**Task item**
Lines with the word "Outcome" in them must be copied from the records below.

**Material for the task**
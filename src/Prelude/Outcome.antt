-- ===== src/Prelude/Outcome.antt =====
-- What a method that awaits the chain may do: return, throw, or use up the fuel of its loop.

pub data Error : Type 0 where
  -- `EosError`: the RPC node could not be read
  eos_error : Error
  -- `TypeError`, as thrown by a read of a property of undefined
  type_error : Error
  -- an array index out of range
  bad_index : Error

pub data Result {ℓ} (A : Type ℓ) : Type ℓ where
  ok : A → Result A
  threw : Error → Result A
  out_of_fuel : Result A

infixl 5 ◌>>=◌
abbrev pub ◌>>=◌ {ℓ κ} : {A : Type ℓ} {B : Type κ} → Result A → (A → Result B) → Result B
ok a >>= f = f a
threw e >>= f = threw e
out_of_fuel >>= f = out_of_fuel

**Exercise output**
filename src/Prelude/Outcome.antt
-- ===== src/Prelude/Outcome.antt =====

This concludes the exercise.